[Stored data entries]
---+---

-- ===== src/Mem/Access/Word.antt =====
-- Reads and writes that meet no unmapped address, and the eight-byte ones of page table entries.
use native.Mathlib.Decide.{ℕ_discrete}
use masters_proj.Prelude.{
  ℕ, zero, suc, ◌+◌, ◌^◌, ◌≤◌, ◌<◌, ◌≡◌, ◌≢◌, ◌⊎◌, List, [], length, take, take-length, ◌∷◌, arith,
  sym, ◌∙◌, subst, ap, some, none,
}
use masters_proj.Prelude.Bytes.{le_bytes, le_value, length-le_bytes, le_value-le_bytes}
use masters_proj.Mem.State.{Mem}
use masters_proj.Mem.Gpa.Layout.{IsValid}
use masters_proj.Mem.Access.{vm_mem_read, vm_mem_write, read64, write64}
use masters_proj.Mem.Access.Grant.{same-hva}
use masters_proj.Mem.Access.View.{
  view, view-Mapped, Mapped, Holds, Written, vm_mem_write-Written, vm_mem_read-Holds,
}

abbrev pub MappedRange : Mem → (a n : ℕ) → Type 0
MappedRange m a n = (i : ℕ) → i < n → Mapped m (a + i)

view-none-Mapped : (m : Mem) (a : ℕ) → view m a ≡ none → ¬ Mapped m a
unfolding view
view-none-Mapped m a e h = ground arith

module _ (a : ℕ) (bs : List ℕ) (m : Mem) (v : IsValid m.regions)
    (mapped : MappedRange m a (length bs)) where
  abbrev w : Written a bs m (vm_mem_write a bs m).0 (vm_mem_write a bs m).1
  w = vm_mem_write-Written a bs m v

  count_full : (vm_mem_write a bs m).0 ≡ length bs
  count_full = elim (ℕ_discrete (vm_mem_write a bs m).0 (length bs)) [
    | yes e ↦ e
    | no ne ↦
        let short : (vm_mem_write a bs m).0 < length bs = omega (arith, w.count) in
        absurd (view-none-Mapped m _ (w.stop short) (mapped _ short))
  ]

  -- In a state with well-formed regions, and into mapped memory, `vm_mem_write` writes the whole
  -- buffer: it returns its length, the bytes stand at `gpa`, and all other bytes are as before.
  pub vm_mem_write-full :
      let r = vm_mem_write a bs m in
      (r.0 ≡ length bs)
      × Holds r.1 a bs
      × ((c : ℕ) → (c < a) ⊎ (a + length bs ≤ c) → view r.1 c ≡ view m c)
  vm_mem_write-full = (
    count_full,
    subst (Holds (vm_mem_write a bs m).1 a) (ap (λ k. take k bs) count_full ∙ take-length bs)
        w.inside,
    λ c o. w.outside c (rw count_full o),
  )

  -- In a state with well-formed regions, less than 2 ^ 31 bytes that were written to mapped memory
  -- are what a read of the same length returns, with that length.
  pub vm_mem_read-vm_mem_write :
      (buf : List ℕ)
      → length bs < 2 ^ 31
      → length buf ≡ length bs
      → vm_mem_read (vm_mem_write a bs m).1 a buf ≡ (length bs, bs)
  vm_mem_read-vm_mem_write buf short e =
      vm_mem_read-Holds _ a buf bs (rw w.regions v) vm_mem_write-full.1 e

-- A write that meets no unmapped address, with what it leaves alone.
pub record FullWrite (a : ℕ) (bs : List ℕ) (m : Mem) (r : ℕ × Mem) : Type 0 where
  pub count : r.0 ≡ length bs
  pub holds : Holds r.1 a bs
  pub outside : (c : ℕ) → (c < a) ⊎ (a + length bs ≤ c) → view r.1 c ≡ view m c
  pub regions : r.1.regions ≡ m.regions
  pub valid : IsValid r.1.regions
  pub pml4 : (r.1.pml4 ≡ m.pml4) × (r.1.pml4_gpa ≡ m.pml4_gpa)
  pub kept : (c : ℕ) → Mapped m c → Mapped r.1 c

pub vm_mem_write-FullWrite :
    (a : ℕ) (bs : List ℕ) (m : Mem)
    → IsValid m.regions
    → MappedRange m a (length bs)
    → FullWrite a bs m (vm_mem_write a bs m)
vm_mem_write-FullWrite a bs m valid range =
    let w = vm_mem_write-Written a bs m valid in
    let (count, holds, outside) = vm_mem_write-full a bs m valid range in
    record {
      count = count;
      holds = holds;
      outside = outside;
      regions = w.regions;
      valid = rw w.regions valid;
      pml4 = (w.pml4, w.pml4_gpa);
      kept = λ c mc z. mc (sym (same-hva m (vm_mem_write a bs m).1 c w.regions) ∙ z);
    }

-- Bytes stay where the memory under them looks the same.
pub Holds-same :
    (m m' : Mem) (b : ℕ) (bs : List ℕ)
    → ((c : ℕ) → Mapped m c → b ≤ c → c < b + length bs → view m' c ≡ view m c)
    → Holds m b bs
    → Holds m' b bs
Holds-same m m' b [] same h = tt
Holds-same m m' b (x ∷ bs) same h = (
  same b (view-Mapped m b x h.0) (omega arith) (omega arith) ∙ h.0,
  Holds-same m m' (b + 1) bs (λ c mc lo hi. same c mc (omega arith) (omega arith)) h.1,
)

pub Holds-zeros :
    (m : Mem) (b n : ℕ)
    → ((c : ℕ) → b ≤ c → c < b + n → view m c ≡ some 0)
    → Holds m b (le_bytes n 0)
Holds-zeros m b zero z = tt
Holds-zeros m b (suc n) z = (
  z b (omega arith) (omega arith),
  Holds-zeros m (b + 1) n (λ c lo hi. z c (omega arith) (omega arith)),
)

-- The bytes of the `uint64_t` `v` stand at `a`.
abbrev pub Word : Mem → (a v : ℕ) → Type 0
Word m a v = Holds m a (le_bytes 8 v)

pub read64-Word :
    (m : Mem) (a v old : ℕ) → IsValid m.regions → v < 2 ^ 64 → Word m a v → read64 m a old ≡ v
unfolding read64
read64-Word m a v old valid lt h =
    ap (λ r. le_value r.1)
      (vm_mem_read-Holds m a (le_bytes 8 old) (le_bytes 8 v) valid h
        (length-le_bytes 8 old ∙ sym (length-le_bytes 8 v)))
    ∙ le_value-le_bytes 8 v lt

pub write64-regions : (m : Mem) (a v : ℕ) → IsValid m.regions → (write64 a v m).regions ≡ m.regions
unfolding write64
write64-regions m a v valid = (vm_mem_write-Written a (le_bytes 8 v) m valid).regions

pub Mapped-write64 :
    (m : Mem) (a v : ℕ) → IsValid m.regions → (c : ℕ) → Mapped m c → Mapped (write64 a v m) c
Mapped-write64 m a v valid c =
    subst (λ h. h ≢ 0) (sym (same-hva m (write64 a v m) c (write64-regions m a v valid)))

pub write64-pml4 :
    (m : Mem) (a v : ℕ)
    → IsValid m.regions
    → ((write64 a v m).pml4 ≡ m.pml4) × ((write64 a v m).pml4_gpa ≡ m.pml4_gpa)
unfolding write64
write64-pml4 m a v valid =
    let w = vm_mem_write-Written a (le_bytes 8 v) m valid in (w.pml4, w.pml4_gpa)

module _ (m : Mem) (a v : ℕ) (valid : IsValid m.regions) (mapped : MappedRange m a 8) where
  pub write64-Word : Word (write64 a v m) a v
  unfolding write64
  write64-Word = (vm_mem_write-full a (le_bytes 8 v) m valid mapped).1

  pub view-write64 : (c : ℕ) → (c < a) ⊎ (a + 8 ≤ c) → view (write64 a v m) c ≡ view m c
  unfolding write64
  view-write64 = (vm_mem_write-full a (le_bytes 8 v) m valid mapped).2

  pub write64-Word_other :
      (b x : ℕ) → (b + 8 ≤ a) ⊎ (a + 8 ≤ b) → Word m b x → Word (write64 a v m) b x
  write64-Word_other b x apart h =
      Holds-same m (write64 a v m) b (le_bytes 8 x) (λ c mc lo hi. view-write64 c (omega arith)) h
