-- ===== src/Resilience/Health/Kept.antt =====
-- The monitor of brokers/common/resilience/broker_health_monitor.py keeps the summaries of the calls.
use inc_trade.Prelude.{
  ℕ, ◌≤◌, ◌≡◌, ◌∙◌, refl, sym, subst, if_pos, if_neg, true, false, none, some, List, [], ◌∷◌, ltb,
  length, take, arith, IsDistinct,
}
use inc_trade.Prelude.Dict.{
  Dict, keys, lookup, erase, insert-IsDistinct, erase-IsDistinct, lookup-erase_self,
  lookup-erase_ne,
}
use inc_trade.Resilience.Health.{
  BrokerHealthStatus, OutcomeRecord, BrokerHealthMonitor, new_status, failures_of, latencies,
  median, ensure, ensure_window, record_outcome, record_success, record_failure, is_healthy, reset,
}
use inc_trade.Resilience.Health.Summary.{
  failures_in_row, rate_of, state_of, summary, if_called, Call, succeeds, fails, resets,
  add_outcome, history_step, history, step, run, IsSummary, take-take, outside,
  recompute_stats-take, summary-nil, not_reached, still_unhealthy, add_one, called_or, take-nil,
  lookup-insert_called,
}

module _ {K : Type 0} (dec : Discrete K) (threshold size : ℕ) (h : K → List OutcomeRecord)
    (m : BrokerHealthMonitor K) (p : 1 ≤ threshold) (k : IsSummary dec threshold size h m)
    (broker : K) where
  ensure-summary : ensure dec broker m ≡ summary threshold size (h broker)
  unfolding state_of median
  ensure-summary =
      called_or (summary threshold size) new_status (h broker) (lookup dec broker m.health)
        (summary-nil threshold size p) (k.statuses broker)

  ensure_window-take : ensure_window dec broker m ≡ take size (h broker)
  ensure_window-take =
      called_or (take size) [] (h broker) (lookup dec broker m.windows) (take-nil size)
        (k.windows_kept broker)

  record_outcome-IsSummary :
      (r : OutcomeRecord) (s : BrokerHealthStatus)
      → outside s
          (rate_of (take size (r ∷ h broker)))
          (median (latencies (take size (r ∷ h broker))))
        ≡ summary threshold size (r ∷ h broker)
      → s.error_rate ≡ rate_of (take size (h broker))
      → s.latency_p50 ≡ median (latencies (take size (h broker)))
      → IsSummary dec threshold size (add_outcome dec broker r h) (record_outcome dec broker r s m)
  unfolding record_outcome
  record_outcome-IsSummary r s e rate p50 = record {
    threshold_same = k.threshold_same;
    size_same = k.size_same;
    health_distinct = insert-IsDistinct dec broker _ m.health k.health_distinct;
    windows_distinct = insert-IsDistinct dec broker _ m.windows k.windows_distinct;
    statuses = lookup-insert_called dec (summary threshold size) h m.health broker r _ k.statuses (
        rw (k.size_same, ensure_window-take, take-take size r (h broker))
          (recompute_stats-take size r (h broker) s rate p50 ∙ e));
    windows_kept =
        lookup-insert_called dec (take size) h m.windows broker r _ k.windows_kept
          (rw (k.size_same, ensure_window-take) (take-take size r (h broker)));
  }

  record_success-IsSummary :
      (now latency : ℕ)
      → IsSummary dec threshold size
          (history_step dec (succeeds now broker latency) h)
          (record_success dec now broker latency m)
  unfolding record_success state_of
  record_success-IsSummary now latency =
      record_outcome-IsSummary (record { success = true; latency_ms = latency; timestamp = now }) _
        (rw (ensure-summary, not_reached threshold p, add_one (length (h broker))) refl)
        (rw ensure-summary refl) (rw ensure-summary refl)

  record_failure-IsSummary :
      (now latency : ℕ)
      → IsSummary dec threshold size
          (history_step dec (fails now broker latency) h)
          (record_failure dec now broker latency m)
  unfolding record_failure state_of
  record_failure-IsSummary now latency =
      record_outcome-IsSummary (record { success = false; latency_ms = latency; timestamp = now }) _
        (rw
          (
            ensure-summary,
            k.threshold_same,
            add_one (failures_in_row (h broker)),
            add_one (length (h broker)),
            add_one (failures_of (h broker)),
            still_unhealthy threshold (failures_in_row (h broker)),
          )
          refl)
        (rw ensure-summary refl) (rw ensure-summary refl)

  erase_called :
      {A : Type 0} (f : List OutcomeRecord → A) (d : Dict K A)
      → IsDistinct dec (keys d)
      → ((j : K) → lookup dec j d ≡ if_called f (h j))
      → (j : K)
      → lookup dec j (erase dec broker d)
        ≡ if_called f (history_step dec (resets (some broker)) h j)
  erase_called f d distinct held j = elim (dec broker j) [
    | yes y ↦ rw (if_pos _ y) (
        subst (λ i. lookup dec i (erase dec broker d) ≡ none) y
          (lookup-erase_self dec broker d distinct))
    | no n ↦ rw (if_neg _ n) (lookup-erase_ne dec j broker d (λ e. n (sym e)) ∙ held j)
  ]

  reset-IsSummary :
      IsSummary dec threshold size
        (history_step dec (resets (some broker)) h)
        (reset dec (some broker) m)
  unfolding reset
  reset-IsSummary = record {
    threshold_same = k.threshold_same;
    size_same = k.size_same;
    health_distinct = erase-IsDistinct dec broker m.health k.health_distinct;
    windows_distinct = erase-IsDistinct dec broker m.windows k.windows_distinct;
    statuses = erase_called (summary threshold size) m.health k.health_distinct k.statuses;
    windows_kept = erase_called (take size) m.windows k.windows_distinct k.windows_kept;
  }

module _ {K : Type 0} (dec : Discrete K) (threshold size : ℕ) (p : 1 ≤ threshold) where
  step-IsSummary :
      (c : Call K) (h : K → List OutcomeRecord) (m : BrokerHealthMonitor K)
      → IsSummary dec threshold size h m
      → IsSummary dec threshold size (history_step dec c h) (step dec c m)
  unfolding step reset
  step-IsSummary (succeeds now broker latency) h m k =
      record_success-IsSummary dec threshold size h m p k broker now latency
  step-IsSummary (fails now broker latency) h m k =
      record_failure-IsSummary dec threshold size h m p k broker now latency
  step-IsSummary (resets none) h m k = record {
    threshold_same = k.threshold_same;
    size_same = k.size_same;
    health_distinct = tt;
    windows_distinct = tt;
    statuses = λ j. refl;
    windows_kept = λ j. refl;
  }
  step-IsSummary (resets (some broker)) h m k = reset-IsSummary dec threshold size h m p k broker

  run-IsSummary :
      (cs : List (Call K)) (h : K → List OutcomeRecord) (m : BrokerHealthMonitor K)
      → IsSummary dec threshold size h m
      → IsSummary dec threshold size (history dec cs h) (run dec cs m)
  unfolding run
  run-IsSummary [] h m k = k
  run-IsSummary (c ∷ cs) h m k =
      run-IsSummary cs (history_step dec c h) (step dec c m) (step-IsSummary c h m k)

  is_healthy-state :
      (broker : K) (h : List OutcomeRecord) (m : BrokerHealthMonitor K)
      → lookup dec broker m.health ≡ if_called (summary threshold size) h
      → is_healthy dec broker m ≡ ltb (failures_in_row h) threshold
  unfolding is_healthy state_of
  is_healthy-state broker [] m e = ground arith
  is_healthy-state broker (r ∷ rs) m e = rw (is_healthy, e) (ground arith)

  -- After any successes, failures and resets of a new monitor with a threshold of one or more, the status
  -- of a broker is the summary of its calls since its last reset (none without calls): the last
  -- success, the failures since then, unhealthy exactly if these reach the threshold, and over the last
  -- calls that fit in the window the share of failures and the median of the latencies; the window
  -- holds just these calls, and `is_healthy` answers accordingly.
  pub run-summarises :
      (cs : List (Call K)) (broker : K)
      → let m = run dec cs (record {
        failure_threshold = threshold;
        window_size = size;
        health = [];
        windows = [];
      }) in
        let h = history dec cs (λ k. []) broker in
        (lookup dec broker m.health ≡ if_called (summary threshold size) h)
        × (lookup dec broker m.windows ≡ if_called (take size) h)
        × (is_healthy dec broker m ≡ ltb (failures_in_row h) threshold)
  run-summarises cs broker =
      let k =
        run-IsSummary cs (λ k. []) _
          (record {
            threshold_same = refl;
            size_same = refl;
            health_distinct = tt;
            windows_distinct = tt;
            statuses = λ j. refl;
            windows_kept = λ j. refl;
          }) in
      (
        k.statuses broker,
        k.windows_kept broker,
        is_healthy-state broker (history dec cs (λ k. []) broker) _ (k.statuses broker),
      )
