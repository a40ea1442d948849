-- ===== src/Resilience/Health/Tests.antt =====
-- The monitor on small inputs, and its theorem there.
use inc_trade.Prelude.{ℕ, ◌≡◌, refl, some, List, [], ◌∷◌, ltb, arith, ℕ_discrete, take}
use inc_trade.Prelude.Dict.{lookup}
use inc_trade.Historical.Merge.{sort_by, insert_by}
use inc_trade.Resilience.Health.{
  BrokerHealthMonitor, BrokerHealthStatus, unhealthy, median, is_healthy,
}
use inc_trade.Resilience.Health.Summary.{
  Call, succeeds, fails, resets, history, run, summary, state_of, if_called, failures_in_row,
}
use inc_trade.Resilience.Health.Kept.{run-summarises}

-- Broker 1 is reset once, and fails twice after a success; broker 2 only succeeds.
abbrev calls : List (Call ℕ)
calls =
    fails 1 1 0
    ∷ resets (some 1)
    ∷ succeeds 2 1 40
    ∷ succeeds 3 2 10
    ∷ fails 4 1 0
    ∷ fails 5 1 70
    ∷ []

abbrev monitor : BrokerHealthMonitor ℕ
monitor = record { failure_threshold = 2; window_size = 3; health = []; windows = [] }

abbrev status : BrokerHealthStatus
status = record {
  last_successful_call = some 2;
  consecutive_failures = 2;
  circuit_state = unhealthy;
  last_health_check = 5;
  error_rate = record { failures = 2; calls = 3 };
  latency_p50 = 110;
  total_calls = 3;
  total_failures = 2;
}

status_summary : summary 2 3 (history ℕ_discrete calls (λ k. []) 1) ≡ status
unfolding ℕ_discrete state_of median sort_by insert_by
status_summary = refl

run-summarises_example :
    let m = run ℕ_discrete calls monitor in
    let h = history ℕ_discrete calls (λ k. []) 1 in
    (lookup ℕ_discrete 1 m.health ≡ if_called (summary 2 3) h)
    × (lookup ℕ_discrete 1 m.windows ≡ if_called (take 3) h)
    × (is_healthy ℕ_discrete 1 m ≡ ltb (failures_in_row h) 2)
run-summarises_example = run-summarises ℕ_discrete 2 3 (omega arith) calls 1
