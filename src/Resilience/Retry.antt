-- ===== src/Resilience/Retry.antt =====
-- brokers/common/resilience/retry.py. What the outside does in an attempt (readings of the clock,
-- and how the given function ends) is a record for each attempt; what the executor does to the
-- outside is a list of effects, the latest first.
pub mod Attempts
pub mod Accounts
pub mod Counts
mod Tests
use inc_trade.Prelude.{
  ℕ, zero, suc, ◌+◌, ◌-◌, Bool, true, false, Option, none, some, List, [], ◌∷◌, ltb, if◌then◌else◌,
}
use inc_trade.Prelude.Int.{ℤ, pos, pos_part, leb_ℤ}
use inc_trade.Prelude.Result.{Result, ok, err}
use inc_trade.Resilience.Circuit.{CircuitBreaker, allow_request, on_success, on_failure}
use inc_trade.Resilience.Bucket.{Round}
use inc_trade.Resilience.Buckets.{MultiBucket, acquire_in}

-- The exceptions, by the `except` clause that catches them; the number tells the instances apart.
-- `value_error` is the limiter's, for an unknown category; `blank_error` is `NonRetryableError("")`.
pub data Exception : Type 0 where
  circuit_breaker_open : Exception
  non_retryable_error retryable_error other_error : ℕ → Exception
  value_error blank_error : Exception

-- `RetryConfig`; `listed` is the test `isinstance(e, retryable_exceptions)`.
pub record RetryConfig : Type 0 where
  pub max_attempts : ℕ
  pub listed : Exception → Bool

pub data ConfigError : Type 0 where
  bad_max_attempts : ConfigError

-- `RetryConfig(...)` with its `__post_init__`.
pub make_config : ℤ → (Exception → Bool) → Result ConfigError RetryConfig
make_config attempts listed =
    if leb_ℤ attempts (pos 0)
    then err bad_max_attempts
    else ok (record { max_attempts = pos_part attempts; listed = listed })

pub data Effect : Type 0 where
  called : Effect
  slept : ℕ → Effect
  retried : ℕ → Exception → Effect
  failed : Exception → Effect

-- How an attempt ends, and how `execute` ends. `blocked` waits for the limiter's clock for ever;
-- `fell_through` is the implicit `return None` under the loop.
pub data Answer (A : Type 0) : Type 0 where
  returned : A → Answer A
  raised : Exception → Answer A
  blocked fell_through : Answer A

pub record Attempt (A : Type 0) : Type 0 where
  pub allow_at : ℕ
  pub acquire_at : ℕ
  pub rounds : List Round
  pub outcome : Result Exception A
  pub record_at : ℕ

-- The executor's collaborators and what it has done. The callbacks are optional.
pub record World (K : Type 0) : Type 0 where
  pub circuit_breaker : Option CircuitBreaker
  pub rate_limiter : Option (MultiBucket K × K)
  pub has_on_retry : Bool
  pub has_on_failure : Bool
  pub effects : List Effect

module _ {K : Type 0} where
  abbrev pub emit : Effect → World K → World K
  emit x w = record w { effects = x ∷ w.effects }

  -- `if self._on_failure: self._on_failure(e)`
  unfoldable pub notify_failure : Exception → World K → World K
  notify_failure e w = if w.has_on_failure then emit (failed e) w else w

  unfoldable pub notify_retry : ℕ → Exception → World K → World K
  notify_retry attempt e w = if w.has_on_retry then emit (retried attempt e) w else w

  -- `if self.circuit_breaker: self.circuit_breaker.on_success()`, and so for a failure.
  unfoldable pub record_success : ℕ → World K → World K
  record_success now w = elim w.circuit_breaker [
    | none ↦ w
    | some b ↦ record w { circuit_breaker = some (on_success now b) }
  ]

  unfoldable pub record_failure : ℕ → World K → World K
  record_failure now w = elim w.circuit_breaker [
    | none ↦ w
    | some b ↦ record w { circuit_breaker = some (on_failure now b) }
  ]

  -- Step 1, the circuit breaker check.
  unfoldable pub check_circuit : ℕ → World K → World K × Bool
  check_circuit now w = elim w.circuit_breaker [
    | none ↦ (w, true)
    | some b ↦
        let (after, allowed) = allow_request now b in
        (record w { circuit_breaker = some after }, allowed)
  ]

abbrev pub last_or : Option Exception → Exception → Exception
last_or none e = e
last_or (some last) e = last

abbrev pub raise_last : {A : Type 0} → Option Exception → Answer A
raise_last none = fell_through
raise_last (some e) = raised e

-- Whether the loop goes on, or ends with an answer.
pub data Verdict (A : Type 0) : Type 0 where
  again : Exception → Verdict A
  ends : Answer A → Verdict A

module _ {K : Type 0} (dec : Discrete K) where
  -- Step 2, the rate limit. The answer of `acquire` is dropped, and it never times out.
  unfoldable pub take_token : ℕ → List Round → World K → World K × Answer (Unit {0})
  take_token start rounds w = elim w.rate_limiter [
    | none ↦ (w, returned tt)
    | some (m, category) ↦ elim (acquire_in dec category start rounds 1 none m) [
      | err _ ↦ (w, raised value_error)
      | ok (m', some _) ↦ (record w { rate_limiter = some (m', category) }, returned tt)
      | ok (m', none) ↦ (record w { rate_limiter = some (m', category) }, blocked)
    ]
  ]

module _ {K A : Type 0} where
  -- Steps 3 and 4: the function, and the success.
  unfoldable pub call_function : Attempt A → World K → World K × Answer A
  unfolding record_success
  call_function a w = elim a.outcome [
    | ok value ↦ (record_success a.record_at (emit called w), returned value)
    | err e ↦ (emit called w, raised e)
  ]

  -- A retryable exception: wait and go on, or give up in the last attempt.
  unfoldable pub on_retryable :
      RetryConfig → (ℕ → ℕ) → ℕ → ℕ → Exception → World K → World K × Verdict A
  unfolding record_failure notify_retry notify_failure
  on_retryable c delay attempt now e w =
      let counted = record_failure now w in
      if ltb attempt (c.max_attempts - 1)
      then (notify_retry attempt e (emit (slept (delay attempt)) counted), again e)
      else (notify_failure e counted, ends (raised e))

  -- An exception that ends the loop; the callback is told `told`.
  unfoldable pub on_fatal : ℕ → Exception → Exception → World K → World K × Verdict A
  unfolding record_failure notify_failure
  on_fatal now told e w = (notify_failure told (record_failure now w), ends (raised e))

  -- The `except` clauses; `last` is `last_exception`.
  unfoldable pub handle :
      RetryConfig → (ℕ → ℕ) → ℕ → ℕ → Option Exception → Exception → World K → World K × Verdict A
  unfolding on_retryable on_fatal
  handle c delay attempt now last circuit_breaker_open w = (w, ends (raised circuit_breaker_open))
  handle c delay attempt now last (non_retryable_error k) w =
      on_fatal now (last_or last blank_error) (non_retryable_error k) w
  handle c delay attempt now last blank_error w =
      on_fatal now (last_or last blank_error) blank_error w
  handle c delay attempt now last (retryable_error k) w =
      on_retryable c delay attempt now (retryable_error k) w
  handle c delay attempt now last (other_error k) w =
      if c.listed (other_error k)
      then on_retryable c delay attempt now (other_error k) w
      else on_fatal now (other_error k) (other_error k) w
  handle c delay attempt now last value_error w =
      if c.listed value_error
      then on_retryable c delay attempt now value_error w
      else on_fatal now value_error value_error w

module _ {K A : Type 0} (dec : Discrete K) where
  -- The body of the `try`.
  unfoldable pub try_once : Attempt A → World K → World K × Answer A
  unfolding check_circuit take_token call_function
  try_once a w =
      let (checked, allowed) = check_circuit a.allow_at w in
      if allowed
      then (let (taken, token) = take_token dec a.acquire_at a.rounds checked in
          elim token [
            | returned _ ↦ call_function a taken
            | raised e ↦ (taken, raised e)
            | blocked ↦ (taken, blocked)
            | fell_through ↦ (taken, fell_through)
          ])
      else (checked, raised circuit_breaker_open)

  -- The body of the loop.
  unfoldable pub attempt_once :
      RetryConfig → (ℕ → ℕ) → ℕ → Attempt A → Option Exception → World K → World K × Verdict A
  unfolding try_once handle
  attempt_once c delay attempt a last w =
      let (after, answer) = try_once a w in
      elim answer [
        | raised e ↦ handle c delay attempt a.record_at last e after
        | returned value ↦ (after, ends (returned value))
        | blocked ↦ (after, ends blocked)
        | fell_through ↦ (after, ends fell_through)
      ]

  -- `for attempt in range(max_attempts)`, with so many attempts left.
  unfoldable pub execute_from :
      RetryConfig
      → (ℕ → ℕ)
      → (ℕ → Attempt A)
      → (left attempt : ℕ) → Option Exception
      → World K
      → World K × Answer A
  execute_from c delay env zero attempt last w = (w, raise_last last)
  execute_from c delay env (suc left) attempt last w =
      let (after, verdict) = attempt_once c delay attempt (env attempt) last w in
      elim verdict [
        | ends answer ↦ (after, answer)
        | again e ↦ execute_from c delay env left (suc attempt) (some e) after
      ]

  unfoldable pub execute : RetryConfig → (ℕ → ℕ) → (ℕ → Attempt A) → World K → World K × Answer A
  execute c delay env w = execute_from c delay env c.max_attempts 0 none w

---+---

*INSTRUCTIONS FOR THE TASK*: Whenever the string "loop" turns up in a line of the data, copy that line.

*EXERCISE OUTPUT*:
-- `fell_through` is the implicit `return None` under the loop.
-- Whether the loop goes on, or ends with an answer.
  -- An exception that ends the loop; the callback is told `told`.
  -- The body of the loop.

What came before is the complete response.